INFORMATIONS PARATEXTUELLES
Auteur : Nigel Nicolson Titre : Virginia Woolf Lieu : Montréal Édition : Fides, Coll. «Grandes figures, grandes signatures» Année : [2000] 2002 Pages : 227 p. Cote : Université de Montréal : PR 6045 O72 Z79612 2002 Désignation générique : Aucune Bibliographie de l’auteur : Nigel Nicolson est l'auteur de Portrait d'un mariage, la biographie de ses parents et d'Une longue vie, ses propres mémoires. Il a également publié des ouvrages sur la politique et sur les arts, et a obtenu le prix Whitbread pour sa biographie de Mary Curzon. Député au Parlement britannique depuis plusieurs années, il est l'un des fondateurs des Éditions Weidenfeld & Nicolson. Il vit en Angleterre, à Sissinghurst, la propriété de ses ancêtres. Biographé : Virginia Woolf
Quatrième de couverture : La vie de Virginia Woolf, membre du cercle avant - gardiste de Bloomsbury, ne laisse pas d'intriguer. Nigel Nicolson, le fils des écrivains Harold Nicolson et de Vita Sackville - West - l'une des plus proches amies de Virginia Woolf -, puise dans ses souvenirs pour raconter l'histoire de Virginia. Nicolson évoque son enfance avec Virginia, ses promenades autour de la propriété ancestrale, son ébauche d'Orlando ou encore la création des célèbres Mrs. Dalloway et Vers le phare. Cet ouvrage explore notamment les positions de Virginia Woolf sur le féminisme et la nature de la guerre, et révèle la profonde admiration de l'auteur pour cet incomparable écrivain.
Préface : Aucune
Autres (note, épigraphe, photographie, etc.) : Quelques photographies parsèment le livre.

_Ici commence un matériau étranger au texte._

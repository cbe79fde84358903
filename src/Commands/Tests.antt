-- ===== src/Commands/Tests.antt =====
-- The theorems on the commands at small command lines, modes and files.
use local_server_c.Base.{
  ℕ, suc, ◌≤◌, ◌≡◌, refl, none, some, Bool, true, false, List, [], ◌∷◌, if◌then◌else◌, length,
  get_elem?, drop, All, ℤ, pos, arith,
}
use local_server_c.Base.Text.{codes, c_str, strlen, same_text}
use local_server_c.Commands.{tokens, commands, is_command_available, exec_cmd}
use local_server_c.Commands.Mode.{strmode}
use local_server_c.Commands.Copy.{
  Dest, Opt, opt_f, opt_d, opt_v, opt_b, opt_e, Options, default_options, read_options, Files,
  Answers, write_file, ccp, copied, exec_ccp,
}
use local_server_c.Commands.Words.{IsWord, flat, squeeze, tokens-words}
use local_server_c.Commands.Handlers.{by_lsl, called}
use local_server_c.Commands.Table.{handler_named, by_name, exec_cmd-called}
use local_server_c.Commands.Rights.{right, strmode_ninth_right}
use local_server_c.Commands.Copying.{limit, exec_ccp-copies, ccp-self_append}

abbrev line : List ℕ
line = codes "ls  -l"

tokens-words_example :
    (ts : List (List ℕ)) × (tokens 7 line ≡ some ts)
    × All IsWord ts
    × (flat ts ≡ squeeze line)
    × (length ts ≤ length line)
tokens-words_example = tokens-words 7 line (omega arith)

abbrev custom_line : List ℕ
custom_line = codes " lsl  tmp"

custom_line-available : is_command_available (some custom_line) ≡ pos 11
unfolding is_command_available c_str same_text
custom_line-available = refl

-- `lsl` is run by exec_lsl.
custom_line-named : handler_named (codes "lsl") ≡ some by_lsl
unfolding same_text
custom_line-named = refl

exec_cmd-called_example :
    (t : List ℕ) × (ts : List (List ℕ)) × (tokens (suc (strlen custom_line)) (c_str custom_line)
      ≡ some (t ∷ ts))
    × (get_elem? commands 10 ≡ some t)
    × ((fork : ℤ) (exec_fails : Bool)
        → called (exec_cmd (some custom_line) fork exec_fails) ≡ by_name t fork exec_fails (t ∷ ts))
exec_cmd-called_example = exec_cmd-called custom_line 10 custom_line-available

-- The mode 100755.
strmode_ninth_right_example : strmode 33261 (1 ∷ 1 ∷ 1 ∷ 1 ∷ 1 ∷ 1 ∷ 1 ∷ 1 ∷ 1 ∷ 63 ∷ 1 ∷ []) 11 ≡ (
  pos 0,
  b'-'
      ∷ right 33261 b'-' 1
      ∷ right 33261 b'-' 2
      ∷ right 33261 b'-' 3
      ∷ right 33261 b'-' 4
      ∷ right 33261 b'-' 5
      ∷ right 33261 b'-' 6
      ∷ right 33261 b'-' 7
      ∷ right 33261 b'-' 8
      ∷ 63
      ∷ 0
      ∷ [],
)
strmode_ninth_right_example = strmode_ninth_right 33261 b'-' 1 1 1 1 1 1 1 1 1 63 1 refl

abbrev disk : Files
disk q = if same_text q (codes "a") then some (codes "hello") else none

abbrev sound : Answers
sound = record {
  same_path = same_text;
  src_refused = false;
  seek_refused = false;
  dest_refused = false;
  read_fails = λ i. false;
  write_fails = λ i. false;
}

abbrev part : List Opt
part = opt_f (codes "a") ∷ opt_d (codes "b") ∷ opt_b (pos 1) ∷ opt_e (pos 3) ∷ []

abbrev part_options : Options
part_options = record {
  src_file = some (codes "a");
  dest_file = some (codes "b");
  excl = false;
  append = false;
  bvalue = 1;
  evalue = some 3;
}

part_read : read_options part default_options ≡ some part_options
unfolding read_options
part_read = refl

a_there : disk (codes "a") ≡ some (codes "hello")
unfolding same_text
a_there = refl

b_is_not_a : same_text (codes "b") (codes "a") ≡ false
unfolding same_text
b_is_not_a = refl

exec_ccp-copies_example :
    exec_ccp 6 sound disk 9 part
    ≡ copied (pos 1) (write_file sound disk (codes "b") (limit (some 3) 0 (drop 1 (codes "hello"))))
exec_ccp-copies_example =
    exec_ccp-copies sound disk 9 part part_options (codes "a") (codes "b") (codes "hello") refl
      part_read refl refl refl refl a_there b_is_not_a refl refl refl (λ i. refl) (λ i. refl)

abbrev checked : List Opt
checked = opt_f (codes "a") ∷ opt_d (codes "b") ∷ opt_v ∷ []

abbrev checked_options : Options
checked_options = record {
  src_file = some (codes "a");
  dest_file = some (codes "b");
  excl = true;
  append = false;
  bvalue = 0;
  evalue = none;
}

checked_read : read_options checked default_options ≡ some checked_options
unfolding read_options
checked_read = refl

abbrev growing : Dest
growing = record { bytes = codes "hello"; offset = 0; append = true }

ccp-self_append_example :
    ccp (λ i. false) (λ i. false) true (codes "hello") none 1000 0 0 growing ≡ none
ccp-self_append_example =
    ccp-self_append (λ i. false) (λ i. false) (λ i. refl) (λ i. refl) (codes "hello") 1000 0 0
      growing refl (omega arith)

LES RELATIONS (INSTANCES EXTRA ET INTRATEXTUELLES) :
Auteur/narrateur : C’est Nicolson qui raconte, se mettant en scène dès que la situation le permet ; non pas de façon majeure, mais de façon à rapporter diverses anecdotes qui semblent soit 1- des confirmations de ce qui est avancé, soit 2- des témoignages sur les diverses personnalités (dont Virginia) ou encore 3- pour défaire des arguments avancés par d’autres ou 4- pour le simple plaisir de la chose. Exemples : 1- «…où 30 ans plus tard je trouvai leurs signatures dans le livre d’or.» p.35 2- À propos de Leonard : «Je m’en souviens comme d’une personne gentille, mais assez redoutable. Son embarras avec les enfants nous mettait mal à l’aise. Ses mains tremblaient perpétuellement ; il ne pouvait soulever une tasse de thé sans en renverser la moitié : cela nous fascinait.» (p.60) 3-« Hermione Lee souligne dans sa biographie de Virginia Woolf que l’antisémitisme de la haute bourgeoisie anglaise perdura jusque dans les années 1930. On ne doit pas exagérer ce trait dans le cas de Virginia, car elle-même ne l’exagérait pas ; cela n’en reste pas moins déplaisant.» (p.62) 4- «Clive en avait remis un exemplaire [de Deux histoires, le tout premier livre imprimé par la Hogarth Press] à ma mère, avant sa rencontre avec Virginia. Je la chérissais depuis la mort de Vita, mais, ayant eu la sottise de raconter à un groupe de visiteurs qu’un exemplaire du même livre s’était récemment vendu 8 500 £ aux enchères, la plaquette disparut deux jours plus tard de la bibliothèque. Je ne l’ai évidemment jamais revue !» (p.77-78)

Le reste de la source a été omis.